Start small, with a reusable pattern
This DSL should be comprised of repeatable patterns that when parsed and executed alter their behavior based on their location in a query. It should also be familiar to read and write. A pattern that stuck out was S-Expressions or Symbolic Expressions : a tree structured notation of data.
// this is an example of an S-Expression (pseudo code)
(multiply 3 (add 2 5))
This may look very simple, and appear as if functionality would be lost, however this is an extremely simple, and readable notation to express the following :
“multiply three by the sum of two and five”
This can easily by translated into something familiar like JSON
// this is an example of an S-Expression in JSON
[
"multiply"
3,
[
"add",
2,
5
]
]
This then can be easily translated into executable JavaScript
function multiply(...args) {
return args.reduce((total, value) => total * value, 1);
}
function add(...args) {
return args.reduce((total, value) => total + value, 0);
}
console.log(multiply(3,add(2,5))) // = 21
Immediately, the possibilities can be realized!
After running permutations of functions, selectors, constants, etc. the S-Expression seems to be the most robust and simple method of implementing a DSL for MeshAlpha.io’s ION (the Rule Engine). A simple repeatable method signature provides > 80% of needed capabilities to query fact sets.

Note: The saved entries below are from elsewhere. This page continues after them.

-- ===== src/Status/Conditions.antt =====
-- What the ClusterOperator says after a report of pkg/status/status.go.
use operator_marketplace.Common.{
  String, ◌≡◌, refl, ◌∙◌, Bool, true, false, not, Option, none, some, List, ◌==◌, if◌then◌else◌,
}
use operator_marketplace.Common.Errors.{Error, Result, ok, err}
use operator_marketplace.Api.Meta.{Time}
use operator_marketplace.Status.{
  StatusCondition, ClusterOperator, Reporting, StatusReporter, operator_available,
  operator_progressing, operator_failing, condition_true, condition_false, set_status_condition,
  set_status, set_failing, set_available, with_status, written, ensure_cluster_operator,
}

-- A way to read the status and the message of a condition, as SetStatusCondition documents it: the
-- condition of the given type is set, and those of other types are kept.
pub record IsSetter (set : Time → List StatusCondition → StatusCondition → List StatusCondition)
    : Type 0 where
  pub find : String → List StatusCondition → Option (String × String)
  pub same :
      (now : Time) (cs : List StatusCondition) (c : StatusCondition)
      → find c.type (set now cs c) ≡ some (c.status, c.message)
  pub other :
      (now : Time) (cs : List StatusCondition) (c : StatusCondition) (type : String)
      → (type == c.type) ≡ false
      → find type (set now cs c) ≡ find type cs

-- A report: SetFailing or SetAvailable.
abbrev pub report :
    (R : Reporting) → Bool → StatusReporter → String → R.State → Option Error × R.State
report R true r message = set_failing R r message
report R false r message = set_available R r message

-- The status and the message of a condition that holds or not.
abbrev holds_if : Bool → String → String × String
holds_if true message = (condition_true, message)
holds_if false message = (condition_false, "")

module _ (R : Reporting) (S : IsSetter R.set_status_condition) where
  -- The condition that is reported is True with the message, the others False without one.
  abbrev pub Reports : Bool → String → List StatusCondition → Type 0
  Reports failing message cs =
      (S.find operator_progressing cs ≡ some (holds_if false message))
      × (S.find operator_available cs ≡ some (holds_if (not failing) message))
      × (S.find operator_failing cs ≡ some (holds_if failing message))

  abbrev pub reported : Bool → String
  reported failing = if failing then operator_failing else operator_available

  set_status_condition-Reports :
      (failing : Bool) (now : Time) (message : String) (cs : List StatusCondition)
      → Reports failing message (set_status_condition R now (reported failing) message cs)
  unfolding set_status_condition
  set_status_condition-Reports true now message cs = (
    S.other now _ _ operator_progressing refl
        ∙ S.other now _ _ operator_progressing refl
        ∙ S.same now _ _,
    S.other now _ _ operator_available refl ∙ S.same now _ _,
    S.same now _ _,
  )
  set_status_condition-Reports false now message cs = (
    S.other now _ _ operator_progressing refl
        ∙ S.other now _ _ operator_progressing refl
        ∙ S.same now _ _,
    S.other now _ _ operator_available refl ∙ S.same now _ _,
    S.same now _ _,
  )

  written-Reports :
      (failing : Bool) (message : String) (r : Result ClusterOperator) (s : R.State)
      → (written R (reported failing) message r s).0 ≡ none
      → (o : ClusterOperator) × (written R (reported failing) message r s ≡ R.update_status o s)
        × Reports failing message o.conditions
  unfolding with_status
  written-Reports failing message (err e) s h = cc
  written-Reports failing message (ok o) s h = (
    with_status R (R.now s) (reported failing) message o,
    refl,
    set_status_condition-Reports failing (R.now s) message o.conditions,
  )

  -- Where the ClusterOperator API is present: if a report of failure or of availability does not
  -- end the process, it ends with an update of the object's status, in which the condition that is
  -- reported, Failing or Available, is True with the message, and the other two of Progressing,
  -- Available and Failing are False without one.
  pub report-Reports :
      (failing : Bool) (r : StatusReporter) (message : String) (s : R.State)
      → r.co_api_not_present ≡ false
      → (report R failing r message s).0 ≡ none
      → (o : ClusterOperator) × (report R failing r message s
          ≡ R.update_status o (ensure_cluster_operator R r.namespace s).1)
        × Reports failing message o.conditions
  unfolding set_available set_failing set_status
  report-Reports true r message s p = rw p (written-Reports true message _ _)
  report-Reports false r message s p = rw p (written-Reports false message _ _)
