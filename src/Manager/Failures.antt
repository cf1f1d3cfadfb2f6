-- ===== src/Manager/Failures.antt =====
-- What main (cmd/manager/main.go) reports in the ClusterOperator before it ends or goes on.
use operator_marketplace.Common.{◌≡◌, refl, ap, ◌∙◌, true, false, Option, none, some}
use operator_marketplace.Common.Errors.{Error, ok}
use operator_marketplace.Status.{
  ClusterOperator, Reporting, StatusReporter, set_failing, ensure_cluster_operator,
}
use operator_marketplace.Status.Conditions.{IsSetter, Reports, report-Reports}
use operator_marketplace.Manager.{fatal, Startup, prepare, set_up, report_fatal, after_set_up, main}

module _ (R : Reporting) (U : Startup R) where
  -- What main does once it has a status and its steps have ended.
  main_prepared :
      (status : StatusReporter) (s s₁ s₂ : R.State) (e : Option Error)
      → prepare R U s ≡ (ok status, s₁)
      → set_up R U s₁ ≡ (e, s₂)
      → main R U s ≡ after_set_up R U status e s₂
  unfolding main
  main_prepared status s s₁ s₂ e p q = rw (p, main) (rw q refl)

  reported :
      (status : StatusReporter) (s : R.State) (e : Error)
      → (set_failing R status e.message s).0 ≡ none
      → (report_fatal R U status e s).0 ≡ fatal e
  unfolding report_fatal
  reported status s e done = rw (done, report_fatal) refl

  -- If the ClusterOperator API is there, a step of main after status.New has failed and the report
  -- of that does not fail: main ends by log.Fatal of the step's error, and the last thing that it
  -- has done is an update of the ClusterOperator's status, in which Failing is True with the text
  -- of that error, and Progressing and Available are False without a message.
  pub main-Reports :
      (S : IsSetter R.set_status_condition) (status : StatusReporter) (s s₁ s₂ : R.State)
      (e : Error)
      → prepare R U s ≡ (ok status, s₁)
      → status.co_api_not_present ≡ false
      → set_up R U s₁ ≡ (some e, s₂)
      → (set_failing R status e.message s₂).0 ≡ none
      → ((main R U s).0 ≡ fatal e)
        × ((o : ClusterOperator) × ((main R U s).1
              ≡ (R.update_status o (ensure_cluster_operator R status.namespace s₂).1).1)
            × Reports R S true e.message o.conditions)
  unfolding report_fatal
  main-Reports S status s s₁ s₂ e p there q done =
      let all = main_prepared status s s₁ s₂ (some e) p q in
      let (o, written, reports) = report-Reports R S true status e.message s₂ there done in
      (
        ap (λ r. r.0) all ∙ reported status s₂ e done,
        (o, ap (λ r. r.1) all ∙ ap (λ r. r.1) written, reports),
      )
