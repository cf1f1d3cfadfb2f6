-- ===== src/Sources.antt =====
-- pkg/operatorsource and pkg/controller/operatorsource: the reconciliation of OperatorSource
-- objects through their phases, and the polling of the remote registries.
pub mod World
pub mod Builder
pub mod Reconcilers
pub mod Handler
pub mod Poller
pub mod Progress
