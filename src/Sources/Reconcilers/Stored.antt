-- ===== src/Sources/Reconcilers/Stored.antt =====
-- Every phase reconciler of pkg/operatorsource keeps the datastore well-formed.
use operator_marketplace.Common.{
  ℕ, String, Bool, true, false, Option, none, some, List, [], ◌∷◌, ◌==◌, if◌then◌else◌, Bool-cases,
  inl, inr,
}
use operator_marketplace.Common.Errors.{Error, Result, ok, err, is_already_exists}
use operator_marketplace.Api.OperatorSource.{OperatorSource, current_phase_name}
use operator_marketplace.Api.CatalogSourceConfig.{CatalogSourceConfig}
use operator_marketplace.Phase.{configuring, downloading}
use operator_marketplace.Datastore.{write}
use operator_marketplace.Datastore.Metadata.{RegistryMetadata}
use operator_marketplace.Datastore.Invariant.{
  IsValid, write-IsValid, add_operator_source-IsValid, remove_operator_source-IsValid,
}
use operator_marketplace.Cluster.{Environment, Options}
use operator_marketplace.Sources.World.{World, Action}
use operator_marketplace.Sources.Reconcilers.{
  initial_reconcile, validating_reconcile, downloading_reconcile, configuring_reconcile,
  succeeded_reconcile, failed_reconcile, purging_reconcile, deleted_reconcile,
  out_of_sync_reconcile, finish_download, after_write, store_manifests, list_with, connect,
  update_existing, after_create,
}

module _ (E : Environment) where
  -- An action that leaves a well-formed datastore well-formed.
  abbrev pub Keeps : {A : Type 0} → Action E A → Type 0
  Keeps m = (w : World E) → IsValid w.store → IsValid (m w).1.store

  -- A guard that returns at once, or goes on with an action that keeps.
  guarded-Keeps :
      {A : Type 0} (b : Bool) (m n : Action E A) → Keeps m → Keeps n → Keeps (if b then m else n)
  guarded-Keeps true m n hm hn = hm
  guarded-Keeps false m n hm hn = hn

  module _ (o : OperatorSource) where
    pub initial-Keeps : Keeps (initial_reconcile E o)
    unfolding initial_reconcile
    initial-Keeps = guarded-Keeps _ _ _ (λ w v. v) (λ w v. add_operator_source-IsValid o w.store v)

    pub validating-Keeps : Keeps (validating_reconcile E o)
    unfolding validating_reconcile
    validating-Keeps = guarded-Keeps _ _ _ (λ w v. v) (λ w v. v)

    after_write-Keeps : (r : ℕ × Option Error) → Keeps (after_write E o r)
    unfolding after_write finish_download
    after_write-Keeps (n, none) w v = v
    after_write-Keeps (ℕ.zero, some e) w v = v
    after_write-Keeps (ℕ.suc n, some e) w v = v

    store_manifests-Keeps : (r : Result (List RegistryMetadata)) → Keeps (store_manifests E o r)
    unfolding store_manifests
    store_manifests-Keeps (err e) w v = v
    store_manifests-Keeps (ok []) w v = v
    store_manifests-Keeps (ok (m ∷ ms)) w v =
        after_write-Keeps (write (some o) (some (m ∷ ms)) w.store).0
          (record w { store = (write (some o) (some (m ∷ ms)) w.store).1 })
          (write-IsValid (some o) (some (m ∷ ms)) w.store v)

    list_with-Keeps : (r : Result Options) → Keeps (list_with E o r)
    unfolding list_with
    list_with-Keeps (err e) w v = v
    list_with-Keeps (ok registry) w v = store_manifests-Keeps _ _ v

    connect-Keeps : (r : Result Options) → Keeps (connect E o r)
    unfolding connect
    connect-Keeps (err e) w v = v
    connect-Keeps (ok options) w v = list_with-Keeps _ w v

    pub downloading-Keeps : Keeps (downloading_reconcile E o)
    unfolding downloading_reconcile
    downloading-Keeps w v = elim (Bool-cases (current_phase_name o == downloading)) [
      | inl e ↦ rw e (connect-Keeps _ _ v)
      | inr e ↦ rw e v
    ]

    update_existing-Keeps :
        (manifests : String) (r : Result CatalogSourceConfig)
        → Keeps (update_existing E o manifests r)
    unfolding update_existing
    update_existing-Keeps manifests (err e) w v = v
    update_existing-Keeps manifests (ok existing) w v = v

    after_create-Keeps :
        (manifests : String) (r : Option Error) → Keeps (after_create E o manifests r)
    unfolding after_create
    after_create-Keeps manifests none w v = v
    after_create-Keeps manifests (some e) w v = elim (Bool-cases (is_already_exists e)) [
      | inl p ↦ rw p (update_existing-Keeps manifests _ _ v)
      | inr p ↦ rw p v
    ]

    pub configuring-Keeps : Keeps (configuring_reconcile E o)
    unfolding configuring_reconcile
    configuring-Keeps w v = elim (Bool-cases (current_phase_name o == configuring)) [
      | inl e ↦ rw e (after_create-Keeps _ _ _ v)
      | inr e ↦ rw e v
    ]

    pub succeeded-Keeps : Keeps (succeeded_reconcile E o)
    unfolding succeeded_reconcile
    succeeded-Keeps = guarded-Keeps _ _ _ (λ w v. v) (λ w v. v)

    pub failed-Keeps : Keeps (failed_reconcile E o)
    unfolding failed_reconcile
    failed-Keeps = guarded-Keeps _ _ _ (λ w v. v) (λ w v. v)

    pub purging-Keeps : Keeps (purging_reconcile E o)
    unfolding purging_reconcile
    purging-Keeps =
        guarded-Keeps _ _ _ (λ w v. v) (λ w v. remove_operator_source-IsValid o.meta.uid w.store v)

    pub deleted-Keeps : Keeps (deleted_reconcile E o)
    unfolding deleted_reconcile
    deleted-Keeps w v = remove_operator_source-IsValid o.meta.uid w.store v

    pub out_of_sync-Keeps : Keeps (out_of_sync_reconcile E o)
    unfolding out_of_sync_reconcile
    out_of_sync-Keeps = guarded-Keeps _ _ _ (λ w v. v) (λ w v. v)
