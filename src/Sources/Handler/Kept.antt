-- ===== src/Sources/Handler/Kept.antt =====
-- Handle and the controller's Reconcile (pkg/operatorsource/handler.go and its controller) keep the
-- datastore well-formed.
use operator_marketplace.Common.{
  Bool, true, false, Option, none, some, Option-cases, Bool-cases, inl, inr,
}
use operator_marketplace.Common.Errors.{Error, Result, ok, err, is_not_found}
use operator_marketplace.Api.Meta.{NamespacedName, ObjectPhase}
use operator_marketplace.Api.OperatorSource.{OperatorSource, ensure_source_gvk}
use operator_marketplace.Cluster.{Environment}
use operator_marketplace.Sources.World.{Reconciled}
use operator_marketplace.Sources.Reconcilers.Stored.{
  Keeps, initial-Keeps, validating-Keeps, downloading-Keeps, configuring-Keeps, succeeded-Keeps,
  failed-Keeps, purging-Keeps, deleted-Keeps, out_of_sync-Keeps,
}
use operator_marketplace.Sources.Handler.{
  Reconciler, for_deleted, for_initial, for_validating, for_downloading, for_configuring,
  for_purging, for_succeeded, for_failed, get_phase_reconciler, reconcile, persist, transition,
  reconcile_phase, after_sync, handle, handle_fetched, reconcile_request,
}

module _ (E : Environment) where
  reconcile-Keeps : (k : Reconciler) (o : OperatorSource) → Keeps E (reconcile E k o)
  unfolding reconcile
  reconcile-Keeps for_deleted o = deleted-Keeps E o
  reconcile-Keeps for_initial o = initial-Keeps E o
  reconcile-Keeps for_validating o = validating-Keeps E o
  reconcile-Keeps for_downloading o = downloading-Keeps E o
  reconcile-Keeps for_configuring o = configuring-Keeps E o
  reconcile-Keeps for_purging o = purging-Keeps E o
  reconcile-Keeps for_succeeded o = succeeded-Keeps E o
  reconcile-Keeps for_failed o = failed-Keeps E o

  persist-Keeps :
      (o : OperatorSource) (p : Option ObjectPhase × Bool) (e : Option Error)
      → Keeps E (persist E o p e)
  unfolding persist
  persist-Keeps o (p, false) e w v = v
  persist-Keeps o (none, true) e w v = v
  persist-Keeps o (some p, true) e w v = v

  transition-Keeps : (r : Reconciled) → Keeps E (transition E r)
  unfolding transition
  transition-Keeps r w v = elim (Option-cases r.out) [
    | inl e ↦ rw (e, transition) v
    | inr (o, e) ↦ rw (e, transition) (persist-Keeps o _ r.error w v)
  ]

  reconcile_phase-Keeps :
      (o : OperatorSource) (r : Result Reconciler) → Keeps E (reconcile_phase E o r)
  unfolding reconcile_phase
  reconcile_phase-Keeps o (err e) w v = v
  reconcile_phase-Keeps o (ok k) w v = transition-Keeps _ _ (reconcile-Keeps k o w v)

  after_sync-Keeps : (o : OperatorSource) (r : Reconciled) → Keeps E (after_sync E o r)
  unfolding after_sync
  after_sync-Keeps o r w v = elim (Option-cases r.error) [
    | inr (e, q) ↦ rw (q, after_sync) v
    | inl q ↦ elim (Option-cases r.next_phase) [
      | inl p ↦ rw (q, p, after_sync) (reconcile_phase-Keeps o (get_phase_reconciler o) w v)
      | inr (n, p) ↦ rw (q, p, after_sync) (transition-Keeps r w v)
    ]
  ]

  handle-Keeps : (o : OperatorSource) → Keeps E (handle E o)
  unfolding handle
  handle-Keeps o w v = after_sync-Keeps o _ _ (out_of_sync-Keeps E o w v)

  fetched-Keeps : (r : Result OperatorSource) → Keeps E (handle_fetched E r)
  unfolding handle_fetched
  fetched-Keeps (err e) w v = elim (Bool-cases (is_not_found e)) [ inl p ↦ rw p v | inr p ↦ rw p v ]
  fetched-Keeps (ok o) w v = handle-Keeps (ensure_source_gvk o) w v

  pub reconcile_request-Keeps : (request : NamespacedName) → Keeps E (reconcile_request E request)
  unfolding reconcile_request
  reconcile_request-Keeps request w v = fetched-Keeps _ _ v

// this is a simple signature (pseudo code) that provides powerful functionality
type pseudoOperation = [
string, // operation
BaseTypes | PropertyQuery,
...(BaseTypes | PropertyQuery)[]
]
Given the above, I was armed with enough to create the first pass of the DSL, with VS-Code hinting by means of well defined Types and Type Guards in TypeScript. Below is a working POC of the DSL in ION-Query…
// rule-fact-query.json
{
person : {
type : "Person",
where : [
// NOTE* "and" is optional at root
"and",
// firstName is "John", "Jane", or "Jim"
[ "eq", { $self : "firstName"},...["John","Jane","Jim"]],
/*
* lastName matches (Regex) strings ending with variations of "smith" ,"Smith",
* "smithson", "Smithson"
*/
[ "mt", { $self : "lastName"},"[sS]mith(?:son)$"],
// age is greater or equal to 21
[ "gte", { $self : "age"},21]
]
},
address : {
type : "Address",
where : [
// join on personId between address and person
[ "eq", { $person : "personId"},{ $self : "personId"}],
// state is California
[ "eq", { $self : "state"},"CA"],
[
"or",
// city is in "Los Angeles", "Alameda", or "Culver City"
[ "in", { $self : "city"},["Los Angeles","Alameda","Culver City"]],
// addressLine1 starts with 10 or 40
[ "sw", { $self : "addressLine1"},10,40]
]
]
}
}
To be continued…
This was a very challenging exercise that will play a huge part in the creation of the ION-Query library. While this initial step is to prove the theory that a simple readable DSL could be written in JSON, TypeScript, and JavaScript (YAML will be added later), it opens the door to the next steps of supporting provided and custom functions, as well as prototyping the design for the actions supported when a query produces a result from a Fact Set.